I would like to go work on the log in Mr. Bill today (Thur) after work. The IT dept. at work started filtering out mountainbuzz.com (bastards) so please email me directly if interested: [email protected]


----------



## stinginrivers (Oct 18, 2003)

I am free all day to try and get that log out. Anyone else around?

I have lots of ropes and gear.

Free Mr Bill...........

Danny
303.941.1157


----------



## zbaird (Oct 11, 2003)

danny and i will be up there (mr bill) yankin that log out at 10 30 ish this morning if anyone wants to help.


----------



## Ture (Apr 12, 2004)

I'm going to try to take a really early, really long lunch today. If I can I will see you guys there at about 10:30.


----------



## stinginrivers (Oct 18, 2003)

Mr Bill is free......

We also removed some wood at river left at the entrance to black rock...


A good day was had cleaning clear creek.


----------



## zbaird (Oct 11, 2003)

that log would have been a serious unseen death trap for a swimmer with a little more water. glad its gone. i'll also note that it only took 2 rafters 5 min to pull that thing out. beer in one hand rope in the other. pathetic joe. pathetic. i also think we moved logs on river right at blackie. still a bunch of wood on the left that we well...left.


----------



## huckTHIS (Nov 4, 2003)

nice work guys - but how'd you do it? Joe and I had Z drags from all different directions going on and the damn thing would move all over, but not out of the river. did it look like that thing had been in there for a while? As Joe put it, "man we've been boofing over that thing for years."

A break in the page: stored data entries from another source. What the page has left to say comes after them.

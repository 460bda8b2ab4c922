-- ===== src/RangeMap/Replace.antt =====
-- range_map.hpp: `erase(l, r)` and then `insert`, and both on a range with no points.
use efiperun_mod.Prelude.{
  ℕ, ◌≡◌, ◌≤◌, ◌<◌, refl, Bool, true, false, none, some, arith, inl, inr, le→leb, Eq,
}
use efiperun_mod.RangeMap.{Map, insert, erase_range}
use efiperun_mod.RangeMap.Insert.{Updates, IsInserted}

-- after `erase` has cleared the range, `insert` gives it its new owner
pub inserted_over :
    {V : Type 0} (l r : ℕ) (name : V) (m m' : Map V) (t : Map V × Bool)
    → l < r
    → Updates l r none m m'
    → IsInserted l r name m' t
    → Updates l r (some name) m t.0
inserted_over l r name m m' (n, true) lt u (lt', free, v) = record {
  ordered = v.ordered;
  reads = λ q. ground (arith, v.reads q, u.reads q);
}
inserted_over l r name m m' (n, false) lt u (same, inl le) = absurd (omega arith)
inserted_over l r name m m' (n, false) lt u (same, inr (q, x, at, found)) =
    absurd (ground (arith, u.reads q))

module _ {ℓ} {V : Type ℓ} ⦃veq : Eq V⦄ where
  pub erase_range_empty : (l r : ℕ) (m : Map V) → r ≤ l → erase_range l r m ≡ some m
  unfolding erase_range
  erase_range_empty l r m h = rw (le→leb r l h) refl

module _ {ℓ} {V : Type ℓ} where
  pub insert_empty : (l r : ℕ) (v : V) (m : Map V) → r ≤ l → insert l r v m ≡ (m, false)
  unfolding insert
  insert_empty l r v m h = rw (le→leb r l h) refl
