-- ===== src/Memory/Register.antt =====
-- efiperun.cpp: what `register_memory` and `lookup_memory` do to the owner of each address.
use Prim.Native.String.{String}
use efiperun_mod.Prelude.{
  ℕ, ◌+◌, ◌-◌, ◌%◌, ◌^◌, ◌≡◌, ◌≤◌, ◌<◌, refl, ap, ◌∙◌, true, false, Option, none, some, arith,
}
use efiperun_mod.RangeMap.{Place, erase_range, found_at, locate, lower_bound, insert}
use efiperun_mod.RangeMap.Intervals.{view, IsFrom}
use efiperun_mod.RangeMap.Lookup.{Holds, Located, locate-Located, view-Holds, find-found_at}
use efiperun_mod.RangeMap.Insert.{Updates, insert-IsInserted}
use efiperun_mod.RangeMap.Erase.{overhangs, erase_range-Updates}
use efiperun_mod.RangeMap.Overhang.{erase_range-HasStub, HasStub, insert-HasStub}
use efiperun_mod.RangeMap.Replace.{inserted_over}
use efiperun_mod.Memory.{
  MemoryMap, MemoryBlock, string_eq, point, address, block_end, insert_block, register_memory,
  lookup_memory, found_block,
}

point-address : (addr : ℕ) → addr < 2 ^ 64 → address (point addr) ≡ addr
unfolding point address
point-address addr h = omega arith

-- On a well-formed map, where no interval starts at the block's start and ends after its end, and
-- the block is not empty and does not wrap round, `register_memory` makes the block's name the
-- owner of exactly its addresses and keeps the map well-formed.
pub register_memory-Updates :
    (block : MemoryBlock) (m : MemoryMap)
    → IsFrom 0 m
    → point block.start < block_end block
    → overhangs (point block.start) (block_end block) m ≡ false
    → (m' : MemoryMap) × (register_memory block m ≡ some m')
      × Updates (point block.start) (block_end block) (some block.name) m m'
register_memory-Updates block m f lt h =
    let l = point block.start in
    let r = block_end block in
    let (m', run, u) = erase_range-Updates l r m f h in
    (
      (insert l r block.name m').0,
      unfold register_memory insert_block in ap (insert_block block) run,
      inserted_over l r block.name m m' (insert l r block.name m') lt u
          (insert-IsInserted l r block.name m' u.ordered),
    )

-- On a well-formed map, where an interval starts at the block's start and ends after its end, and the
-- block is not empty and does not wrap round, register_memory does not register the block: whatever
-- the block's name, it leaves the map as erase(l, r) has left it, with an empty interval at the
-- block's start.
pub register_memory-HasStub :
    (block : MemoryBlock) (m : MemoryMap)
    → IsFrom 0 m
    → point block.start < block_end block
    → overhangs (point block.start) (block_end block) m ≡ true
    → (m' : MemoryMap) × (erase_range (point block.start) (block_end block) m ≡ some m')
      × ((name : String) → register_memory (record block { name = name }) m ≡ some m')
      × HasStub (point block.start) m'
register_memory-HasStub block m f lt h =
    let l = point block.start in
    let r = block_end block in
    let (m', run, s) = erase_range-HasStub l r m f lt h in
    (
      m',
      run,
      λ name.
          (unfold register_memory insert_block block_end in
            (ap (insert_block (record block { name = name })) run
              ∙ ap (λ t. some t.0) (insert-HasStub l r name m' s))),
      s,
    )

-- What `lookup_memory` promises of the block that it returns, where the owner of the address is
-- given: the null block where it has none, else a block with the owner's name that starts where the
-- interval of the map that holds the address starts, with the address's offset from there.
abbrev pub Describes : ℕ → MemoryMap → Option String → MemoryBlock → Type 0
Describes addr m none block = (block.start ≡ 0) × (block.size ≡ 0) × (block.name ≡ "")
Describes addr m (some name) block =
    (w : Place String) × Holds (point addr) m w
    × (name ≡ w.1.value)
    × (block.name ≡ name)
    × (block.start ≡ address w.1.left)
    × ((block.start + block.size) % 2 ^ 64 ≡ addr)
    × (block.size < 2 ^ 64)

-- In a well-formed map lookup_memory describes the owner of the address, or the null block.
pub lookup_memory-Describes :
    (addr : ℕ) (m : MemoryMap)
    → addr < 2 ^ 64
    → IsFrom 0 m
    → Describes addr m (view m (point addr)) (lookup_memory addr m)
unfolding lookup_memory
lookup_memory-Describes addr m h f =
    let w = locate (point addr) (lower_bound (point addr) m) in
    rw (find-found_at (2 ^ 63) (point addr) m w refl)
      (described w (locate-Located (point addr) m f))
  where
    back :
        (l : ℕ)
        → l ≤ point addr
        → ((address l + (addr + 2 ^ 64 - address l) % 2 ^ 64) % 2 ^ 64 ≡ addr)
          × ((addr + 2 ^ 64 - address l) % 2 ^ 64 < 2 ^ 64)
    back l le = unfold address point in omega arith

    described :
        (w : Option (Place String))
        → Located (point addr) m w
        → Describes addr m (view m (point addr)) (found_block addr (found_at (2 ^ 63) w))
    described none e = rw e (unfold found_block found_at in (refl, refl, refl))
    described (some (b, e, a)) l =
        let (sum, lt) = back e.left (omega (arith, l.inside.0)) in
        rw (view-Holds (point addr) m (b, e, a) l)
          (unfold found_block found_at in ((b, e, a), l, refl, refl, refl, sum, lt))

we didn't have beers in one hand - that must have been the problem.

Joel


----------



## stinginrivers (Oct 18, 2003)

Beers are the secret....and to answer the beer question on a cold day you need a real beer to help with the calories to stay warm I personally prefer a lager for cold weather log removal. no god damn high life you would just go hypothermic...

Actually what we did was tie in with a 200' piece of static line and go directly uphill to the guardrail, just down stream of that big f--inn rock on the hillside. Their we tied a sling and attached a pulley, a couple pulls and it was free.

Not sure how long that log has been in Mr Bill but it has been in the river a long time. It was heavy as shit to pull it out and get it up the bank.


----------